## Task details
Line by line, transcribe the listing below without omission.

## Data records
= = =

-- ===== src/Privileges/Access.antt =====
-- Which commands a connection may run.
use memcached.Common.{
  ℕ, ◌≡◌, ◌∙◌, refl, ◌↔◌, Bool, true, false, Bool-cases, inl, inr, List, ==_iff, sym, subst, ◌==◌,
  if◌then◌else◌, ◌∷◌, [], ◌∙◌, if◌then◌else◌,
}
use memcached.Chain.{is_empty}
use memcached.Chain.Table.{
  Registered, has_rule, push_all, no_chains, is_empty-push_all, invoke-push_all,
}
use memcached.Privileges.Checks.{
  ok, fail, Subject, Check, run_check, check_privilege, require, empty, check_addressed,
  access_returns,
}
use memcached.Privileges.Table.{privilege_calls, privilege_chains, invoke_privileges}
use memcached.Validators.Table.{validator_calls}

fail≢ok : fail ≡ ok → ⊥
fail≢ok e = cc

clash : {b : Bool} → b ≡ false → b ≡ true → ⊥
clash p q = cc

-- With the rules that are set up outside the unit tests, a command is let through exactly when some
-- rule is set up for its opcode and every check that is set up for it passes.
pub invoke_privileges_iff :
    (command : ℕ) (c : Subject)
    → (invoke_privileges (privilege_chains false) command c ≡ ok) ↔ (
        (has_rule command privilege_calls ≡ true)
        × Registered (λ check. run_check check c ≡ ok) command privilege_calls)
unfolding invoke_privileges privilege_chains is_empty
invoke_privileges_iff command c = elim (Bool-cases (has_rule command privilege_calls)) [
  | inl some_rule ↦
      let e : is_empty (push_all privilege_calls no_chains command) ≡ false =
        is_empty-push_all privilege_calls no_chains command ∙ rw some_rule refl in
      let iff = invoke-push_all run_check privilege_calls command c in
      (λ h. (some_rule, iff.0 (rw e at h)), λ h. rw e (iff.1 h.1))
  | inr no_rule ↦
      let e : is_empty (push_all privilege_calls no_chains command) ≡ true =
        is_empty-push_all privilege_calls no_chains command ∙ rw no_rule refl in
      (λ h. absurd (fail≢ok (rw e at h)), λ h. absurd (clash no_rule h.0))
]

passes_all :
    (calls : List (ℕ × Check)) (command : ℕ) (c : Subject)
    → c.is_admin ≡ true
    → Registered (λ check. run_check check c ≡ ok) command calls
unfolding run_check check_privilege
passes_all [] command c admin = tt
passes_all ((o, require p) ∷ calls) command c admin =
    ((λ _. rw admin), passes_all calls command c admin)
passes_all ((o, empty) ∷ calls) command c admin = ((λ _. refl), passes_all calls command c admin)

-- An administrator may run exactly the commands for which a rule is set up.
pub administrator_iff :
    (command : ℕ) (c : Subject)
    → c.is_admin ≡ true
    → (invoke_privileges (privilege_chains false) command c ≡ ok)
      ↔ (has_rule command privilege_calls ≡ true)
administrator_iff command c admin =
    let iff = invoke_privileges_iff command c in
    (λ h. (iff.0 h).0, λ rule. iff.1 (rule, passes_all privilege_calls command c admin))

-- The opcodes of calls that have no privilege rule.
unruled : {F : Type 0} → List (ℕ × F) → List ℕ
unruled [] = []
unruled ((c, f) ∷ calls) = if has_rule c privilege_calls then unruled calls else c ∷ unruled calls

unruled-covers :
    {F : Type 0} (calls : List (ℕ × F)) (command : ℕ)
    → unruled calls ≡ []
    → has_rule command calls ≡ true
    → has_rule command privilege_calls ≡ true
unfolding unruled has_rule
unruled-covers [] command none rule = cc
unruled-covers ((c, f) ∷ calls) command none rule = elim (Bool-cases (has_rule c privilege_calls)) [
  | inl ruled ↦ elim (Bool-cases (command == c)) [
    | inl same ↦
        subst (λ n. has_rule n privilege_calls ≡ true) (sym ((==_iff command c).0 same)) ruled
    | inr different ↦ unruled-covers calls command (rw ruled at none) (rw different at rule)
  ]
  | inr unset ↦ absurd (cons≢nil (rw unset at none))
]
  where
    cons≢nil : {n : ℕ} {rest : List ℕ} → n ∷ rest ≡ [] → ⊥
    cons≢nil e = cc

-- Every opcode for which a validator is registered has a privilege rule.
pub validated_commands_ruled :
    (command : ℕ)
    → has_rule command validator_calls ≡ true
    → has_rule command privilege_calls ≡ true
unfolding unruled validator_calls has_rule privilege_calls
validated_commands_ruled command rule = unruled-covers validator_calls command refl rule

= = =

## Output for this task
-- ===== src/Privileges/Access.antt =====
-- Which commands a connection may run.
use memcached.Common.{
  ℕ, ◌≡◌, ◌∙◌, refl, ◌↔◌, Bool, true, false, Bool-cases, inl, inr, List, ==_iff, sym, subst, ◌==◌,
  if◌then◌else◌, ◌∷◌, [], ◌∙◌, if◌then◌else◌,
}
use memcached.Chain.{is_empty}
use memcached.Chain.Table.{
  Registered, has_rule, push_all, no_chains, is_empty-push_all, invoke-push_all,
}
use memcached.Privileges.Checks.{
  ok, fail, Subject, Check, run_check, check_privilege, require, empty, check_addressed,
  access_returns,
}
use memcached.Privileges.Table.{privilege_calls, privilege_chains, invoke_privileges}
use memcached.Validators.Table.{validator_calls}

fail≢ok : fail ≡ ok → ⊥
fail≢ok e = cc

clash : {b : Bool} → b ≡ false → b ≡ true → ⊥
clash p q = cc

-- With the rules that are set up outside the unit tests, a command is let through exactly when some
-- rule is set up for its opcode and every check that is set up for it passes.
pub invoke_privileges_iff :
    (command : ℕ) (c : Subject)
    → (invoke_privileges (privilege_chains false) command c ≡ ok) ↔ (
        (has_rule command privilege_calls ≡ true)
        × Registered (λ check. run_check check c ≡ ok) command privilege_calls)
unfolding invoke_privileges privilege_chains is_empty
invoke_privileges_iff command c = elim (Bool-cases (has_rule command privilege_calls)) [
  | inl some_rule ↦
      let e : is_empty (push_all privilege_calls no_chains command) ≡ false =
        is_empty-push_all privilege_calls no_chains command ∙ rw some_rule refl in
      let iff = invoke-push_all run_check privilege_calls command c in
      (λ h. (some_rule, iff.0 (rw e at h)), λ h. rw e (iff.1 h.1))
  | inr no_rule ↦
      let e : is_empty (push_all privilege_calls no_chains command) ≡ true =
        is_empty-push_all privilege_calls no_chains command ∙ rw no_rule refl in
      (λ h. absurd (fail≢ok (rw e at h)), λ h. absurd (clash no_rule h.0))
]

passes_all :
    (calls : List (ℕ × Check)) (command : ℕ) (c : Subject)
    → c.is_admin ≡ true
    → Registered (λ check. run_check check c ≡ ok) command calls
unfolding run_check check_privilege
passes_all [] command c admin = tt
passes_all ((o, require p) ∷ calls) command c admin =
    ((λ _. rw admin), passes_all calls command c admin)
passes_all ((o, empty) ∷ calls) command c admin = ((λ _. refl), passes_all calls command c admin)

-- An administrator may run exactly the commands for which a rule is set up.
pub administrator_iff :
    (command : ℕ) (c : Subject)
    → c.is_admin ≡ true
    → (invoke_privileges (privilege_chains false) command c ≡ ok)
      ↔ (has_rule command privilege_calls ≡ true)
administrator_iff command c admin =
    let iff = invoke_privileges_iff command c in
    (λ h. (iff.0 h).0, λ rule. iff.1 (rule, passes_all privilege_calls command c admin))

-- The opcodes of calls that have no privilege rule.
unruled : {F : Type 0} → List (ℕ × F) → List ℕ
unruled [] = []
unruled ((c, f) ∷ calls) = if has_rule c privilege_calls then unruled calls else c ∷ unruled calls

unruled-covers :
    {F : Type 0} (calls : List (ℕ × F)) (command : ℕ)
    → unruled calls ≡ []
    → has_rule command calls ≡ true
    → has_rule command privilege_calls ≡ true
unfolding unruled has_rule
unruled-covers [] command none rule = cc
unruled-covers ((c, f) ∷ calls) command none rule = elim (Bool-cases (has_rule c privilege_calls)) [
  | inl ruled ↦ elim (Bool-cases (command == c)) [
    | inl same ↦
        subst (λ n. has_rule n privilege_calls ≡ true) (sym ((==_iff command c).0 same)) ruled
    | inr different ↦ unruled-covers calls command (rw ruled at none) (rw different at rule)
  ]
  | inr unset ↦ absurd (cons≢nil (rw unset at none))
]
  where
    cons≢nil : {n : ℕ} {rest : List ℕ} → n ∷ rest ≡ [] → ⊥
    cons≢nil e = cc

-- Every opcode for which a validator is registered has a privilege rule.
pub validated_commands_ruled :
    (command : ℕ)
    → has_rule command validator_calls ≡ true
    → has_rule command privilege_calls ≡ true
unfolding unruled validator_calls has_rule privilege_calls
validated_commands_ruled command rule = unruled-covers validator_calls command refl rule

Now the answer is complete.